Each represents potential for similar exploitation cycles until regulated.

Conclusion: Reform Possible But Insufficient

The No Surprises Act proved that even private equity’s political power can be overcome when practices become sufficiently egregious and public pressure sufficiently intense. But the years-long delay before reform, and the industry’s successful adaptation after reform, demonstrated the limits of piecemeal regulation.

Surprise billing was banned only after:

  • Over a decade of patient exploitation
  • Billions extracted through predatory practices
  • Countless bankruptcies and financial devastations
  • Intense media coverage and political pressure
  • Overwhelming public consensus for reform

Even then, industry lobbying delayed action for years, and final legislation included compromises and gaps private equity immediately began exploiting.

The lesson: private equity will identify and exploit every regulatory gap in healthcare until comprehensive structural reforms address PE ownership of essential medical services.
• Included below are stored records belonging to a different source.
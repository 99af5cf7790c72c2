-- ===== src/Storage.antt =====
-- internal/db/sqlc: the rows of the tables and the queries that the workers run on them.
pub mod Rows
pub mod Sellers
pub mod Listings
pub mod Fetches
mod Tests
Banning specific practices one-by-one allows years of exploitation before each reform, generating billions for PE investors while patients suffer the consequences.

Without broader reforms limiting private equity’s role in healthcare, the surprise billing saga will repeat with new practices in new medical sectors—each requiring its own years-long reform battle while private equity extracts maximum profits from regulatory gaps and patient vulnerability.